Thumps up and internet hugs to you!

Sometimes the hardest thing is what you know is also the right thing.


----------



## missc89 (Jan 20, 2015)

ireth0 said:


> Thumps up and internet hugs to you!
> 
> Sometimes the hardest thing is what you know is also the right thing.


Thank you! Internet hug back! And I agree 100%


----------



## kcomstoc (Mar 9, 2013)

missc89 said:


> She is expecting everything out of these breedings, from reds to both merles and the tri's, so not much better haha.
> 
> And you're all right, it WAS a hard decision, but I don't feel inner chaos anymore, so I know it's the right decision.


Like everyone else is saying  good job for making that hard decision and doing what's best for YOU because that's who has to raise the puppy  I'm excited to see what color you get


----------



## missc89 (Jan 20, 2015)

Me too! I'll be starting a new (picture) thread once I get more information on the litters. 

What I am definitely relieved the most about is I can still get my puppy now heheh :redface: 

And thank you!


----------



## chimunga (Aug 29, 2014)

missc89 said:


> She is expecting everything out of these breedings, from reds to both merles and the tri's, so not much better haha.
> 
> And you're all right, it WAS a hard decision, but I don't feel inner chaos anymore, so I know it's the right decision.


Do you still want a blue merle?

I really love black tri aussies. If I ever got an aussie, it would be a female black tri.


----------



## kcomstoc (Mar 9, 2013)

missc89 said:


> Me too! I'll be starting a new (picture) thread once I get more information on the litters.
> 
> What I am definitely relieved the most about is I can still get my puppy now heheh :redface:
> 
> And thank you!


You're not going to name him/her the same? Or are you thinking new puppy needs a new name?


----------



## missc89 (Jan 20, 2015)

chimunga said:


> Do you still want a blue merle?
> 
> I really love black tri aussies. If I ever got an aussie, it would be a female black tri.


I REALLY do still want a blue merle, and she said she'd keep in mind that I want any merle, but we all know that personality is the most important factor. And with this breeder she doesn't allow visits until 4 weeks (which is when pups start getting their personalities) so I'm hoping I'm going to be better prepared to pick from this litter.



kcomstoc said:


> You're not going to name him/her the same? Or are you thinking new puppy needs a new name?

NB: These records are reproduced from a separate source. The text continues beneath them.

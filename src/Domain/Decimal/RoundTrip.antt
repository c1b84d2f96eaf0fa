-- ===== src/Domain/Decimal/RoundTrip.antt =====
-- `Decimal::to_string` and back (src/domain/decimal.cpp).
use native.Mathlib.Nat.{pow-succ'}
use fin_core_streaming_syste.Prelude.{
  ℕ, zero, suc, ◌+◌, ◌-◌, ◌/◌, ◌%◌, ◌^◌, ◌≤◌, ◌<◌, ◌≡◌, refl, ◌∙◌, ◌≢◌, [], ◌∷◌, ◌++◌, arith,
  length, length-append, length-replicate, replicate, All, All-append, Text, ok,
}
use fin_core_streaming_syste.Prelude.Int.{pos, negsuc, IsInt64}
use fin_core_streaming_syste.Domain.Decimal.{
  Decimal, scale, limit_of, digits_of, to_text, magnitude_of, sign_of, to_string, from_string,
}
use fin_core_streaming_syste.Domain.Decimal.Spelling.{
  Sign, sign_text, unsigned, plus, minus, is_minus, IsDigit, point, spell, IsDecimal, value, units,
  signed,
}
use fin_core_streaming_syste.Domain.Decimal.Exact.{from_string_exact}

digits_of-digits :
    (k n : ℕ) (out : Text) → n < 10 ^ k → All IsDigit out → All IsDigit (digits_of k n out)
unfolding digits_of
digits_of-digits zero n out h d = d
digits_of-digits (suc k) n out h d =
    let e = pow-succ' 10 k in ground (arith, digits_of-digits k (n / 10) ((b'0' + n % 10) ∷ out), e)

digits_of-value : (k n : ℕ) (out : Text) → n < 10 ^ k → value 0 (digits_of k n out) ≡ value n out
unfolding digits_of
digits_of-value zero n out h = ground arith
digits_of-value (suc k) n out h =
    ground (arith, digits_of-value k (n / 10) ((b'0' + n % 10) ∷ out), pow-succ' 10 k)

digits_of-ne-nil : (k n : ℕ) (out : Text) → out ≢ [] → digits_of k n out ≢ []
unfolding digits_of
digits_of-ne-nil zero n out h = h
digits_of-ne-nil (suc k) n out h =
    ground (arith, digits_of-ne-nil k (n / 10) ((b'0' + n % 10) ∷ out))

digits_of-ne-nil' : (k n : ℕ) → 0 < k → digits_of k n [] ≢ []
unfolding digits_of
digits_of-ne-nil' zero n h = elim h [ ]
digits_of-ne-nil' (suc k) n h = ground (arith, digits_of-ne-nil k (n / 10) ((b'0' + n % 10) ∷ []))

pub length-digits_of :
    (k j n : ℕ) (out : Text) → n < 10 ^ suc j → length (digits_of k n out) ≤ suc j + length out
unfolding digits_of
length-digits_of zero j n out h = omega arith
length-digits_of (suc k) zero n out h = ground arith
length-digits_of (suc k) (suc j) n out h =
    ground (arith, length-digits_of k j (n / 10) ((b'0' + n % 10) ∷ out), pow-succ' 10 (suc j))

-- `std::to_string` of an unsigned word: digits, at least one, that spell it.
pub to_text-digits : (n : ℕ) → n < 10 ^ 20 → All IsDigit (to_text n)
unfolding to_text
to_text-digits n h = digits_of-digits 20 n [] h tt

pub to_text-value : (n : ℕ) → n < 10 ^ 20 → value 0 (to_text n) ≡ n
unfolding to_text
to_text-value n h = digits_of-value 20 n [] h

pub to_text-ne-nil : (n : ℕ) → to_text n ≢ []
unfolding to_text
to_text-ne-nil n = digits_of-ne-nil' 20 n (omega arith)

length-to_text : (n : ℕ) → n < 10 ^ 8 → length (to_text n) ≤ 8
unfolding to_text
length-to_text n h = omega (arith, length-digits_of 20 7 n [] h)

pub value-zeros : (k : ℕ) (s : Text) → value 0 (replicate k b'0' ++ s) ≡ value 0 s
value-zeros zero s = refl
value-zeros (suc k) s = value-zeros k s

pub zeros-digits : (k : ℕ) → All IsDigit (replicate k b'0')
zeros-digits zero = tt
zeros-digits (suc k) = (omega arith, zeros-digits k)

-- The eight digits behind the point.
abbrev padded : ℕ → Text
padded fraction = replicate (8 - length (to_text fraction)) b'0' ++ to_text fraction

length-padded : (n : ℕ) → n < scale → length (padded n) ≡ 8
length-padded n h =
    let k = 8 - length (to_text n) in
    omega (
      arith,
      length-append (replicate k b'0') (to_text n),
      length-replicate {A = ℕ} k b'0',
      length-to_text n h,
    )

padded-digits : (n : ℕ) → n < scale → All IsDigit (padded n)
padded-digits n h =
    let k = 8 - length (to_text n) in
    All-append IsDigit (replicate k b'0') (to_text n) (zeros-digits k)
      (to_text-digits n (omega arith))

units-padded : (m : ℕ) → m ≤ 2 ^ 63 → units (to_text (m / scale)) (padded (m % scale)) ≡ m
units-padded m h =
    let whole = to_text-value (m / scale) (omega arith) in
    let part =
      value-zeros (8 - length (to_text (m % scale))) (to_text (m % scale))
      ∙ to_text-value (m % scale) (omega arith) in
    rw (length-padded (m % scale) (omega arith), whole, part) (omega arith)

-- `to_string` writes the decimal text of the value: the whole part and exactly eight digits.
abbrev printed_sign : Decimal → Sign
printed_sign (pos n) = unsigned
printed_sign (negsuc n) = minus

magnitude_of-le : (d : Decimal) → IsInt64 d → magnitude_of d ≤ limit_of (is_minus (printed_sign d))
unfolding magnitude_of
magnitude_of-le (pos n) h = omega arith
magnitude_of-le (negsuc n) h = omega arith

signed-magnitude_of :
    (d : Decimal) → IsInt64 d → signed (is_minus (printed_sign d)) (magnitude_of d) ≡ d
unfolding magnitude_of
signed-magnitude_of (pos n) h = refl
signed-magnitude_of (negsuc n) h = let e : (n + 1) % 2 ^ 64 ≡ suc n = omega arith in rw e

point-cons : (fs : Text) → 0 < length fs → point fs ≡ b'.' ∷ fs
point-cons [] h = elim h [ ]
point-cons (c ∷ fs) h = refl

limit-le : (sign : Sign) (m : ℕ) → m ≤ limit_of (is_minus sign) → m ≤ 2 ^ 63
limit-le unsigned m h = omega arith
limit-le plus m h = omega arith
limit-le minus m h = omega arith

sign_text-printed_sign : (d : Decimal) → sign_text (printed_sign d) ≡ sign_of d
sign_text-printed_sign (pos n) = refl
sign_text-printed_sign (negsuc n) = refl

to_string-spell :
    (d : Decimal)
    → IsInt64 d
    → to_string d
      ≡ spell (printed_sign d) (to_text (magnitude_of d / scale)) (padded (magnitude_of d % scale))
unfolding to_string
to_string-spell d h =
    let small : magnitude_of d % scale < scale = omega arith in
    let eight : 0 < length (padded (magnitude_of d % scale)) =
      omega (arith, length-padded (magnitude_of d % scale) small) in
    rw (sign_text-printed_sign d, point-cons (padded (magnitude_of d % scale)) eight)

to_string-IsDecimal : (m : ℕ) → m ≤ 2 ^ 63 → IsDecimal (to_text (m / scale)) (padded (m % scale))
to_string-IsDecimal m h = record {
  has_whole = to_text-ne-nil (m / scale);
  whole_digits = to_text-digits (m / scale) (omega arith);
  fraction_digits = padded-digits (m % scale) (omega arith);
  fits = omega (arith, length-padded (m % scale));
}

-- Every `Decimal` is read back from its text.
pub from_string-to_string : (d : Decimal) → IsInt64 d → from_string (to_string d) ≡ ok d
from_string-to_string d h =
    let m = magnitude_of d in
    let sign = printed_sign d in
    let limit = magnitude_of-le d h in
    let bound : m ≤ 2 ^ 63 = limit-le sign m limit in
    let same = units-padded m bound in
    let exact =
      from_string_exact sign (to_text (m / scale)) (padded (m % scale))
        (to_string-IsDecimal m bound) (rw same limit) in
    rw (to_string-spell d h, exact, same, signed-magnitude_of d h)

Depends on the colour and the gender.

Red female: Erza
Black/Blue female: Juvia
Red male: Laxus
Black/Blue male: Sterling


----------



## chimunga (Aug 29, 2014)

missc89 said:


> Depends on the colour and the gender.
> 
> Red female: Erza
> Black/Blue female: Juvia
> ...


We've got an anime fan over here


----------



## missc89 (Jan 20, 2015)

chimunga said:


> We've got an anime fan over here


OH yeah! Fairy Tale is SO COOL and I just love those characters


----------



## ChaosIsAWeim (Feb 12, 2011)

missc89 said:


> And with this breeder she doesn't allow visits until 4 months (which is when pups start getting their personalities) so I'm hoping I'm going to be better prepared to pick from this litter.


4 months? Or weeks?


----------



## missc89 (Jan 20, 2015)

ChaosIsAWeim said:


> 4 months? Or weeks?


Darn and I was doing so well lol 4 weeks you're totally right.


----------



## ChaosIsAWeim (Feb 12, 2011)

missc89 said:


> Darn and I was doing so well lol 4 weeks you're totally right.


Yeah I thought 4 months was a little weird, since by that time the pups should already be with their new owners.


----------



## kcomstoc (Mar 9, 2013)

missc89 said:


> OH yeah! Fairy Tale is SO COOL and I just love those characters


I love all those names and the Erza one  just love it and will totally fit with a red female


----------



## missc89 (Jan 20, 2015)

Chaos - I HOPE I get my dog by 4 months haha!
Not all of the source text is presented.